The system of claim 12, wherein the system further comprises: a User Program unit, a second Master node, and a second Worker node;

The second master node is configured to receive the input data source to be processed sent by the User Program unit, perform the segmentation process on the input data source, select the worker node that performs the task, and assign the worker node to each task to be executed. Task

The second worker node is set to receive the task assigned by the second master node, and the execution point is Matching tasks.

14. The system of claim 13 wherein

The second master node is further configured to send information about performing a task to the first worker node when the second worker node fails;

The global information monitoring function entity is further configured to: after receiving the query request information sent by the first worker node, search for the information of the second worker node saved by the first worker node according to the query request information, and return the second work to the first worker node. The information of the worker node.

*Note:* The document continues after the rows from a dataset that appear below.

-- ===== src/Scheduler/Rebuild.antt =====
-- `Scheduler::rebuild` of lib/openathan-core/src/scheduler.cpp: the timetable of the three days
-- around a date, from five calculated days. `order_days` is its first loop; `conflict_at` and
-- `event_at` are the parts of the body of its second.
use openathan.Base.{
  ℕ, zero, suc, ℤ, pos, ◌+◌, ◌+ℤ◌, ◌-ℤ◌, Bool, true, false, not, ◌&&◌, ◌||◌, ◌>>=◌, Option, none,
  some, List, [], ◌∷◌, ◌++◌, ◌==◌, if◌then◌else◌, ltb_ℤ, leb_ℤ, eq_ℤ,
}
use mathlib.Core.Option
use openathan.Calendar.{CivilDate, valid_date, day_number, civil_date}
use openathan.Scheduler.{
  Prayer, fajr, dhuhr, asr, maghrib, isha, at, EventKey, Event, shared_playback, isha_suppressed,
  ScheduleConflict, Settings, PrayerDay, no_times, times_of, time_at, DayCalculator,
}

-- `preceding`, `preceding_index` and `preceding_day`.
pub record Preceding : Type 0 where
  pub time : Option ℤ
  pub index : ℕ
  pub day : ℕ

-- `time && *time >= first`, for some of the times.
reaches : ℤ → List (Option ℤ) → Bool
reaches first [] = false
reaches first (none ∷ rest) = reaches first rest
reaches first (some t ∷ rest) = leb_ℤ first t || reaches first rest

-- `time && *time <= last`, for some of the times.
not_after : ℤ → List (Option ℤ) → Bool
not_after last [] = false
not_after last (none ∷ rest) = not_after last rest
not_after last (some t ∷ rest) = leb_ℤ t last || not_after last rest

-- Whether the `i`-th time `t` of day `d` makes `rebuild` return false. Only an Isha may reach the
-- Fajr of the next day, and then no other time of the two days may lie across.
refuses : PrayerDay → PrayerDay → ℕ → Preceding → Bool → ℕ → ℤ → Bool
unfolding reaches not_after
refuses yesterday today d before first i t = elim before.time [
  | none ↦ false
  | some last ↦
      leb_ℤ t last
      && (not (first && before.day + 1 == d && before.index == 5 && i == 0)
          || reaches t (
              yesterday.fajr_utc ∷ yesterday.sunrise_utc ∷ yesterday.dhuhr_utc ∷ yesterday.asr_utc
              ∷ yesterday.maghrib_utc ∷ [])
          || not_after last (
              today.sunrise_utc ∷ today.dhuhr_utc ∷ today.asr_utc ∷ today.maghrib_utc
              ∷ today.isha_utc ∷ []))
]

-- The loop over the times of day `d`.
unfoldable pub order_day :
    PrayerDay → PrayerDay → ℕ → List (Option ℤ) → ℕ → Bool → Preceding → Option Preceding
unfolding refuses
order_day yesterday today d [] i first before = some before
order_day yesterday today d (none ∷ rest) i first before =
    order_day yesterday today d rest (i + 1) first before
order_day yesterday today d (some t ∷ rest) i first before =
    let later =
      order_day yesterday today d rest (i + 1) false
        (record { time = some t; index = i; day = d }) in
    if refuses yesterday today d before first i t then none else later

-- The loop over the five days from `d`, with the days that it calculates. A guard day outside the
-- supported dates is left empty.
unfoldable pub order_days :
    DayCalculator → Settings → ℤ → ℕ → ℕ → PrayerDay → Preceding → Option (List PrayerDay)
unfolding order_day civil_date valid_date
order_days calculate settings today zero d yesterday before = some []
order_days calculate settings today (suc left) d yesterday before =
    let day = civil_date (today -ℤ pos 2 +ℤ pos d) in
    let empty_day : Option (List PrayerDay) =
      Option.map (◌∷◌ no_times)
        (order_days calculate settings today left (d + 1) no_times before) in
    let full_day : Option (List PrayerDay) = calculate settings day >>= λ times.
    order_day yesterday times d (times_of times) 0 true before >>= λ after.
    Option.map (◌∷◌ times) (order_days calculate settings today left (d + 1) times after) in
    if not (valid_date day) && (d == 0 || d == 4) then empty_day else full_day

-- `a == b` on optional times.
abbrev pub same_time : Option ℤ → Option ℤ → Bool
same_time none none = true
same_time (some a) (some b) = eq_ℤ a b
same_time _ _ = false

abbrev pub isha_of : Option PrayerDay → Option ℤ
isha_of none = none
isha_of (some d) = d.isha_utc

abbrev pub fajr_of : Option PrayerDay → Option ℤ
fajr_of none = none
fajr_of (some d) = d.fajr_utc

-- The conflict of a day's Isha with the Fajr of the next day.
conflict_at : ℤ → PrayerDay → Option PrayerDay → List ScheduleConflict
conflict_at serial times tomorrow = elim times.isha_utc [
  | none ↦ []
  | some i ↦ elim (fajr_of tomorrow) [
    | none ↦ []
    | some f ↦
        if leb_ℤ f i
        then record {
          isha_key = record { day = serial; prayer = isha };
          isha_utc = i;
          fajr_key = record { day = serial +ℤ pos 1; prayer = fajr };
          fajr_utc = f;
          resolution = if eq_ℤ i f then shared_playback else isha_suppressed;
        }
          ∷ []
        else []
  ]
]

-- The event of a Fajr: shared with the Isha of the day before where the two coincide, and then
-- named after the Isha if only that is enabled.
unfoldable pub fajr_event : Settings → ℤ → Option PrayerDay → ℤ → Event
fajr_event settings serial yesterday t =
    let own : EventKey = record { day = serial; prayer = fajr } in
    let other : EventKey = record { day = serial -ℤ pos 1; prayer = isha } in
    let fajr_on = settings.enabled.of_fajr in
    let isha_on = settings.enabled.of_isha in
    if same_time (isha_of yesterday) (some t)
    then (if not fajr_on && isha_on
        then record { key = other; utc = t; enabled = fajr_on || isha_on; shared_with = some own }
        else record { key = own; utc = t; enabled = fajr_on || isha_on; shared_with = some other })
    else record { key = own; utc = t; enabled = fajr_on; shared_with = none }

-- The event of an Isha: none where the next Fajr stands for it, and muted where it comes later.
isha_event : Settings → ℤ → Option PrayerDay → ℤ → Option Event
isha_event settings serial tomorrow t =
    let own : EventKey = record { day = serial; prayer = isha } in
    let heard : Event = record {
      key = own;
      utc = t;
      enabled = settings.enabled.of_isha;
      shared_with = none;
    } in
    elim (fajr_of tomorrow) [
      | none ↦ some heard
      | some f ↦
          if eq_ℤ t f
          then none
          else if ltb_ℤ f t
          then some (record { key = own; utc = t; enabled = false; shared_with = none })
          else some heard
    ]

unfoldable pub event_at :
    Settings → ℤ → Option PrayerDay → PrayerDay → Option PrayerDay → Prayer → Option Event
unfolding fajr_event isha_event
event_at settings serial yesterday times tomorrow fajr =
    Option.map (fajr_event settings serial yesterday) times.fajr_utc
event_at settings serial yesterday times tomorrow isha = elim times.isha_utc [
  | none ↦ none
  | some t ↦ isha_event settings serial tomorrow t
]
event_at settings serial yesterday times tomorrow prayer =
    Option.map
      (λ t. record {
        key = record { day = serial; prayer = prayer };
        utc = t;
        enabled = at settings.enabled prayer;
        shared_with = none;
      })
      (time_at times prayer)

key_in_window : ℤ → EventKey → Bool
key_in_window today key = leb_ℤ (today -ℤ pos 1) key.day && leb_ℤ key.day (today +ℤ pos 1)

unfoldable pub in_window : ℤ → Event → Bool
unfolding key_in_window
in_window today e =
    key_in_window today e.key
    || elim e.shared_with [ none ↦ false | some other ↦ key_in_window today other ]

unfoldable pub keep_in_window : ℤ → Option Event → List Event → List Event
unfolding in_window
keep_in_window today none es = es
keep_in_window today (some e) es = if in_window today e then e ∷ es else es

unfoldable pub prayers : List Prayer
prayers = fajr ∷ dhuhr ∷ asr ∷ maghrib ∷ isha ∷ []

unfoldable pub events_of_day :
    Settings → ℤ → ℤ → Option PrayerDay → PrayerDay → Option PrayerDay → List Prayer → List Event
unfolding event_at keep_in_window
events_of_day settings today serial yesterday times tomorrow [] = []
events_of_day settings today serial yesterday times tomorrow (p ∷ ps) =
    keep_in_window today (event_at settings serial yesterday times tomorrow p)
      (events_of_day settings today serial yesterday times tomorrow ps)

abbrev pub next_day : List PrayerDay → Option PrayerDay
next_day [] = none
next_day (d ∷ ds) = some d

-- The second loop, over the days from `serial`.
unfoldable pub events_from : Settings → ℤ → ℤ → Option PrayerDay → List PrayerDay → List Event
unfolding events_of_day prayers
events_from settings today serial yesterday [] = []
events_from settings today serial yesterday (times ∷ rest) =
    events_of_day settings today serial yesterday times (next_day rest) prayers
    ++ events_from settings today (serial +ℤ pos 1) (some times) rest

conflicts_from : ℤ → List PrayerDay → List ScheduleConflict
unfolding conflict_at
conflicts_from serial [] = []
conflicts_from serial (times ∷ rest) =
    conflict_at serial times (next_day rest) ++ conflicts_from (serial +ℤ pos 1) rest

-- `std::sort` by `utc`. Events at one time stay in order, which `std::sort` leaves open.
unfoldable pub insert_event : Event → List Event → List Event
insert_event e [] = e ∷ []
insert_event e (f ∷ fs) = if ltb_ℤ f.utc e.utc then f ∷ insert_event e fs else e ∷ f ∷ fs

unfoldable pub sort_events : List Event → List Event
unfolding insert_event
sort_events [] = []
sort_events (e ∷ es) = insert_event e (sort_events es)

-- What a successful `rebuild` computes.
unfoldable pub timetable :
    DayCalculator → Settings → CivilDate → Option (List Event × List ScheduleConflict)
unfolding order_days events_from conflicts_from sort_events day_number
timetable calculate settings date =
    let today = day_number date in
    Option.map
      (λ days. (
        sort_events (events_from settings today (today -ℤ pos 2) none days),
        conflicts_from (today -ℤ pos 2) days,
      ))
      (order_days calculate settings today 5 0 no_times
        (record { time = none; index = 0; day = 0 }))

15. The system of claim 13 wherein

The first master node is configured to: when the second master node fails, send the query request information to the global information monitoring function entity, and receive the information of the second master node returned by the global information monitoring function entity;

The global information monitoring function entity is further configured to: after receiving the query request information sent by the first master node, search for the information of the second master node saved by the first master node according to the query request information, and return the second information to the first master node. The information of the Master node.

16. The system of claim 13, 14 or 15, wherein

The second worker node is further configured to upload its own log information to the global information monitoring function entity in real time after the overall task is started;

17. The system of claim 16 wherein The global information monitoring function entity is further configured to determine the identity information of the node carried in the log information of the second worker node and the identity of the saved worker node before saving the log information of the second worker node and the second master node. If the identification information is consistent, the log information of the second worker node is saved when the consistency is determined. If the inconsistency is determined, the log information of the second worker node is discarded.